訪韓したペロシとの面談を謝絶した尹錫悦 中国は高笑いし、米国は「侮辱」と怒った
中国に褒められた韓国
――米国も舐められたものですね。
鈴置:ええ。ワシントンポスト(WP)はこの事件を「South Korea’s president skips Nancy Pelosi meeting due to staycation」(8月4日)との見出しで報じました。
「staycation」とは自宅、あるいは近場での休暇を意味します。韓国大統領の家のすぐそばまで米下院議長が来た。というのに、在宅中の大統領は会うのを避けた――とWPは不自然さを揶揄したのです。
フィナンシャルタイムズ(FT)の見出しは「South Korean president snubs Nancy Pelosi as China tension rise」(8月4日)でした。WPの「skip(避ける)」以上に厳しい「snub(無視する)」を使い「中国との緊張激化で、ペロシを無視した韓国大統領」と、より批判的に報じたのです。
中国共産党の対外宣伝紙、Global Timesは「Yoon snubs Pelosi amid regional tensions, as ‘playing high-profile host to US house Speaker risk antagonizing China’」(8月4日)で「よくやった」と韓国を褒めそやしました。
・韓国の大統領はペロシとの会談を避けたと専門家は見る。台湾海峡の緊張を高めたばかりのペロシを接遇すれば、中国と敵対することは明らかだからだ。
・韓国は現時点で中国を怒らせたくもないし、米国と台湾問題で事を構えたくもない。そこで韓国政府は国会議長だけにペロシと会わせた。

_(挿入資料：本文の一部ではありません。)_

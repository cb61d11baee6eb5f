-- ===== src/Fs/Open.antt =====
-- do_open of kernel/fs/open.c.
pub mod Opens
use weenix_kernel.Base.{
  ℕ, ◌+◌, ◌-◌, ◌≡◌, Bool, true, false, ◌&&◌, ◌||◌, Option, none, some, if◌then◌else◌, ltb, ◌==◌,
  length,
}
use weenix_kernel.Base.Int.{pos}
use weenix_kernel.Base.Outcome.{Outcome, ok, panic, ◌>>=◌}
use weenix_kernel.Fs.Layer.{Mode, File, Fs, Ret, ret, err, einval, eisdir, enametoolong, update}
use weenix_kernel.Fs.Calls.{is_directory}
use weenix_kernel.Fs.Names.{Name, Names, NameOps, Same, gave}
use weenix_kernel.Fs.Path.{Res, good, bad, open_namev}
use weenix_kernel.Fs.Descriptors.{get_empty_fd}

-- oflags: `access` is oflags & 0x3, where O_RDONLY, O_WRONLY and O_RDWR are 0, 1 and 2, as fcntl.h has
-- them; the others are the bits O_APPEND and O_CREAT.
pub record Flags : Type 0 where
  pub access : ℕ
  pub appends : Bool
  pub creates : Bool

-- Files and descriptors, names and vnodes. A file whose f_vnode is NULL has no vnode.
pub record World : Type 0 where
  pub fs : Fs
  pub names : Names
  pub has_vnode : ℕ → Bool

abbrev pub set_file : ℕ → File → World → World
set_file f x w = record w { fs = record w.fs { files = update w.fs.files f x } }

abbrev pub put_fd : ℕ → Option ℕ → World → World
put_fd d o w = record w { fs = record w.fs { fds = update w.fs.fds d o } }

-- f_mode.
abbrev pub mode_of : Flags → Mode
mode_of flags = record {
  reads = flags.access == 0 || flags.access == 2;
  writes = flags.access == 1 || flags.access == 2;
  appends = flags.appends;
}

abbrev pub writing : Flags → Bool
writing flags = flags.access == 1 || flags.access == 2

-- fget(-1) and fput of fs/file.c, which is not in the repository: `fresh` takes a file that no descriptor
-- has, with one reference and without a vnode, if there is memory; `fput` takes a reference back, and
-- gives the vnode up with the last one.
pub record Files : Type 0 where
  pub fresh : World → Option ℕ × World
  pub fput : ℕ → World → World

-- A file as fget(-1) returns it.
abbrev pub IsFresh : ℕ → World → World → Type 0
IsFresh f w w' =
    (w'.names ≡ w.names)
    × (w'.has_vnode f ≡ false)
    × ((w'.fs.files f).refcount ≡ 1)
    × ((d : ℕ) → w'.fs.fds d ≡ w.fs.fds d)
    × ((u : ℕ) → (f == u) ≡ false → w'.fs.files u ≡ w.fs.files u)

-- The last reference to a file is given back.
abbrev pub Dropped : ℕ → World → World → Type 0
Dropped f w w' =
    ((u : ℕ)
      → w'.fs.files u
        ≡ update w.fs.files f (record (w.fs.files f) { refcount = (w.fs.files f).refcount - 1 }) u)
    × ((d : ℕ) → w'.fs.fds d ≡ w.fs.fds d)
    × Same (if w.has_vnode f then gave (w.fs.files f).vnode w.names else w.names) w'.names

module _ (nfiles name_len : ℕ) (files : Files) (ops : NameOps) where
  open files use {fresh, fput}

  -- do_open behind its call of open_namev, with the descriptor `d` and the file `f`.
  pub named : Flags → ℕ → ℕ → World → Res ℕ × Names → Outcome (Ret × World)
  named flags d f w (bad e, t) = ok (err e, put_fd d none (fput f (record w { names = t })))
  named flags d f w (good v, t) =
      let w' =
        set_file f (record (w.fs.files f) { vnode = v })
          (record w { names = t; has_vnode = update w.has_vnode f true }) in
      if is_directory (t.kind v) && writing flags
      then ok (err eisdir, put_fd d none (fput f w'))
      else ok
          (ret (pos d), set_file f (record (w'.fs.files f) { refcount = 1; position = pos 0 }) w')

  -- Behind fget(-1): the stores through `fd` and `file`, which the code does not test.
  pub stored : Name → Name → Flags → Option ℕ → Option ℕ × World → Outcome (Ret × World)
  unfolding open_namev named
  stored beyond path flags (some d) (some f, w) =
      let w' = set_file f (record (w.fs.files f) { mode = mode_of flags }) (put_fd d (some f) w) in
      (do
        named_it ← open_namev ops beyond path flags.creates none w'.names
        named flags d f w' named_it)
  stored beyond path flags _ _ = panic

  pub do_open : Name → Name → Flags → World → Outcome (Ret × World)
  unfolding get_empty_fd stored
  do_open beyond path flags w =
      if flags.access == 3
      then ok (err einval, w)
      else (if ltb name_len (length path)
          then ok (err enametoolong, w)
          else stored beyond path flags (get_empty_fd nfiles w.fs) (fresh w))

これは儀典にもかなうし、国益も守る。
韓国は恩人を裏切った
――米国のメンツは丸つぶれ……。
鈴置:米政府は尹錫悦政権に対し相当に怒ったようです。国務省が所管するVoice of America(VOA)は直ちに「韓国よ、舐めるな」と言わんばかりの記事を載せました。
「専門家ら『ペロシ議長が訪韓し「米韓関係拡張」を再確認…尹大統領との会同は不発、中国のためなら大間違い』」(8月5日、韓国語版、発言部分は英語と韓国語)です。
まず、米国の外交専門家らの談話を引用、ペロシ議長のアジア歴訪が米国と、その同盟国にとっていかに重要な動きだったかを強調しました。
そのうえで、韓国を厳しく批判する意見を引用しました。そのひとつ、元国務省政策企画局長のM・リース(Mitchell Reiss)氏の対韓非難発言を翻訳します。
・ペロシ議長がソウルに到着した際に大統領が会わないと決めたのは韓国大統領府の二重の誤りだった。私は米韓関係に対する侮辱(insult)と考える。
・ペロシ下院議長は韓国の外側でその必要があった時、韓国の自由と民主主義を求める人々の声をしばしば代弁し、長きに亘り人権を護持してきた。
ペロシ議長は慰安婦問題でも韓国を応援してきました。あれほど世話になってきた恩人が訪韓した時に大統領が会わないなんて、あまりにひどいじゃないかとリース氏は難詰したのです。「米韓関係に対する侮辱」と言葉を和らげていますが、本音は「米国に対する侮辱」との憤懣でしょう。
なお、もうひとつの「誤り」は中国に対する誤認です。「面談を断った意図が中国をなだめるためであったなら、その効果はまったくない」とリース氏は指摘したのです。